Is There a Conservative Case for Opposing Cuts to Social Security and Medicare Benefits?

This week from Rasmussen:

Republicans hold a 10-point edge when it comes to voter trust on Social Security-related issues, 46% to 36%, up from a virtual tie last month.


That has to be pretty disturbing to Democratic strategists. If their Party is not even trusted to defend their most cherished and celebrated legislative achievement, what can they win on?

But it also raises the question of why? Republicans are not known as fans of big government social programs, and Social Security is the biggest of them all. Why would voters trust Republicans more than Democrats on this of all things?

And what should Republicans do with this trust? Should we fritter it away because of our ideological predisposition against programs of this sort?

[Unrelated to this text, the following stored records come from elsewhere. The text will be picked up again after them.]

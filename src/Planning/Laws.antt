-- ===== src/Planning/Laws.antt =====
-- Proofs about order_planning/: prices, volumes and plans.
use mathlib.Core.Option.{some-injective}
use mt5_mcp_trading_framewor.Common.{
  ◌≡◌, true, false, Option, none, some, arith, refl, Bool-cases, inl, inr, if◌then◌else◌, subst,
}
use mt5_mcp_trading_framewor.Common.Outcome.{ok, >>=-eq-ok}
use mt5_mcp_trading_framewor.Float.{
  Float, IsOrdered, IsArith, ◌⊕◌, ◌⊖◌, ◌⊗◌, ◌⊘◌, ◌≼◌, ◌≺◌, ◌⊏◌, nought, clamp_bounds,
}
use mt5_mcp_trading_framewor.Domain.{
  Side, buy, sell, SymbolInfo, Tick, SizedIntent, RiskDecision, OrderPlan, OrderType, market_order,
  limit_order,
}
use mt5_mcp_trading_framewor.Planning.{
  LimitSide, buy_limit, sell_limit, gap, is_zero, limit_price, normalize_limit_price, clamp_volume,
  PlanOptions, build_order_plan, limit_side, price_of, plan_at,
}

module _ {F : Type 0} ⦃f : Float F⦄ where
  -- strictly beyond the gap that the broker wants between the market and a limit order
  abbrev pub IsClear : LimitSide → SymbolInfo F → Tick F → F → Type 0
  IsClear buy_limit info tick p = p ≺ tick.bid ⊖ gap info
  IsClear sell_limit info tick p = tick.ask ⊕ gap info ≺ p

  limit_price_lem :
      (price : F) (side : LimitSide) (info : SymbolInfo F) (tick : Tick F) {p : F}
      → limit_price price side info tick ≡ some p
      → IsClear side info tick p × ((x : F) × (p ≡ f.round (x ⊘ info.point) ⊗ info.point))
  limit_price_lem price buy_limit info tick e =
      elim (Bool-cases (f.round (price ⊘ info.point) ⊗ info.point ⊏ tick.bid ⊖ gap info)) [
        | inl far ↦ (ground arith, (price, ground arith))
        | inr near ↦ (ground arith, (tick.bid ⊖ gap info ⊖ f.of_nat 3 ⊗ info.point, ground arith))
      ]
  limit_price_lem price sell_limit info tick e =
      elim (Bool-cases (tick.ask ⊕ gap info ⊏ f.round (price ⊘ info.point) ⊗ info.point)) [
        | inl far ↦ (ground arith, (price, ground arith))
        | inr near ↦ (ground arith, (tick.ask ⊕ gap info ⊕ f.of_nat 3 ⊗ info.point, ground arith))
      ]

  -- A limit price that is returned lies strictly beyond the broker's distance from the market and on
  -- a multiple of the tick size, and the point is then not zero.
  pub normalize_limit_price_lem :
      (price : F) (side : LimitSide) (info : SymbolInfo F) (tick : Tick F) {p : F}
      → normalize_limit_price price side info tick ≡ ok (some p)
      → IsClear side info tick p
        × ((x : F) × (p ≡ f.round (x ⊘ info.point) ⊗ info.point))
        × (is_zero info.point ≡ false)
  unfolding normalize_limit_price
  normalize_limit_price_lem price side info tick {p} e = elim (Bool-cases (is_zero info.point)) [
    | inl zero_point ↦ absurd (ground (arith, e))
    | inr good ↦
        let (clear, on_tick) = limit_price_lem price side info tick {p = p} (cc (rw good at e)) in
        (clear, on_tick, good)
  ]

  abbrev pub IsOnTick : SymbolInfo F → F → Type 0
  IsOnTick info p = (x : F) × (p ≡ f.round (x ⊘ info.point) ⊗ info.point)

  -- What the price of a plan is: clear of the market and on a multiple of the tick size for a limit
  -- order, and for a market order the reference price or else the side of the tick that a fill would
  -- take.
  abbrev pub IsPriced : OrderType → Side → Option F → SymbolInfo F → Tick F → Option F → Type 0
  IsPriced limit_order side reference info tick none = ⊥
  IsPriced limit_order side reference info tick (some p) =
      IsClear (limit_side side) info tick p × IsOnTick info p
  IsPriced market_order side (some r) info tick price = price ≡ some r
  IsPriced market_order buy none info tick price = price ≡ some tick.ask
  IsPriced market_order sell none info tick price = price ≡ some tick.bid

  price_of-IsPriced :
      (t : OrderType) (side : Side) (reference : Option F) (info : SymbolInfo F) (tick : Tick F)
      {p : F}
      → price_of t side reference info tick ≡ ok (some p)
      → IsPriced t side reference info tick (some p)
  price_of-IsPriced limit_order side none info tick e = cc
  price_of-IsPriced limit_order side (some r) info tick e =
      let (clear, on_tick, _) = normalize_limit_price_lem r (limit_side side) info tick e in
      (clear, on_tick)
  price_of-IsPriced market_order side (some r) info tick e = cc
  price_of-IsPriced market_order buy none info tick e = cc
  price_of-IsPriced market_order sell none info tick e = cc

  -- a plan for this intent, with these options, at a price as `IsPriced` says
  abbrev pub Fits : SizedIntent F → SymbolInfo F → Tick F → PlanOptions F → OrderPlan F → Type 0
  Fits sized info tick options plan =
      (plan.symbol ≡ sized.intent.symbol)
      × (plan.order_type ≡ sized.intent.desired_order_type)
      × (plan.side ≡ sized.intent.side)
      × (plan.magic ≡ options.magic)
      × (plan.sl ≡ options.sl)
      × (plan.tp ≡ options.tp)
      × (plan.volume ≡ clamp_volume sized.volume info)
      × IsPriced sized.intent.desired_order_type sized.intent.side sized.intent.reference_price info
          tick plan.price

  plan_at-Fits :
      (sized : SizedIntent F) (info : SymbolInfo F) (tick : Tick F) (options : PlanOptions F)
      (price : Option F) {plan : OrderPlan F}
      → price_of sized.intent.desired_order_type sized.intent.side sized.intent.reference_price info
          tick
        ≡ ok price
      → plan_at sized info options price ≡ some plan
      → Fits sized info tick options plan
  plan_at-Fits sized info tick options none e₁ e₂ = cc
  plan_at-Fits sized info tick options (some p) e₁ e₂ =
      subst (Fits sized info tick options) (some-injective _ _ e₂)
        (refl, refl, refl, refl, refl, refl, refl, price_of-IsPriced _ _ _ info tick e₁)

  -- A plan is only ever built from an approved decision. It keeps the symbol, type and side of the
  -- intent and the magic and stops that it is given, its volume is the clamped one, and its price is
  -- clear of the market and on a multiple of the tick size for a limit order, and for a market order
  -- the reference price or else the side of the tick that a fill would take.
  pub build_order_plan_lem :
      (sized : SizedIntent F) (decision : RiskDecision F) (info : SymbolInfo F) (tick : Tick F)
      (options : PlanOptions F) {plan : OrderPlan F}
      → build_order_plan sized decision info tick options ≡ ok (some plan)
      → (decision.approved ≡ true) × Fits sized info tick options plan
  unfolding build_order_plan
  build_order_plan_lem sized decision info tick options {plan} e =
      elim (Bool-cases decision.approved) [
        | inr refused ↦ ground arith
        | inl granted ↦
            let (price, e₁, e₂) =
              >>=-eq-ok
                (price_of sized.intent.desired_order_type sized.intent.side
                  sized.intent.reference_price info tick)
                _ (rw granted at e) in
            (granted, plan_at-Fits sized info tick options price {plan = plan} e₁ (cc e₂))
      ]

module _ {F : Type 0} ⦃f : Float F⦄ (ord : IsOrdered F) (ar : IsArith F) where
  -- If the broker's least and greatest volume are in order and have at most eight decimals, the
  -- volume of a plan lies between them.
  pub clamp_volume_bounds :
      (volume : F) (info : SymbolInfo F)
      → info.volume_min ≼ info.volume_max
      → f.round_to info.volume_min 8 ≡ info.volume_min
      → f.round_to info.volume_max 8 ≡ info.volume_max
      → (info.volume_min ≼ clamp_volume volume info) × (clamp_volume volume info ≼ info.volume_max)
  unfolding clamp_volume
  clamp_volume_bounds volume info h lo hi =
      let stepped : F =
        if nought ⊏ info.volume_step
        then f.round (volume ⊘ info.volume_step) ⊗ info.volume_step
        else volume in
      let (a, b) = clamp_bounds ord info.volume_min info.volume_max stepped h in
      (
        subst (λ x. x ≼ clamp_volume volume info) lo (ar.round_to_mono _ _ 8 a),
        subst (λ x. clamp_volume volume info ≼ x) hi (ar.round_to_mono _ _ 8 b),
      )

I would like to propose that conservatives and Republicans instead capitalize on this voter trust and step up to defend not these programs as a whole, or even in concept, but the benefits that have been earned by those who currently rely on them.

In their inception, Social Security and Medicare are not welfare programs. They are government-mandated retirement and health insurance programs. In my opinion, the contract that has been created between those who paid into those programs and the federal government should be considered as sacrosanct as any other contract. People worked their whole lives to earn, and the federal government owes, the benefits that they now enjoy.

The starting point for any proposed reform of these programs should be to make good on that contract. We should fulfill the promises made to current beneficiaries, and guarantee that every cent that has been taken out of the trust funds for the two programs to pay for other federal expenses will be paid back in full, with interest. Neither of these trust funds is upside down from an accounting perspective at present, and neither will be in the short-term. There is no reason that current beneficiaries cannot enjoy the benefits that they have earned.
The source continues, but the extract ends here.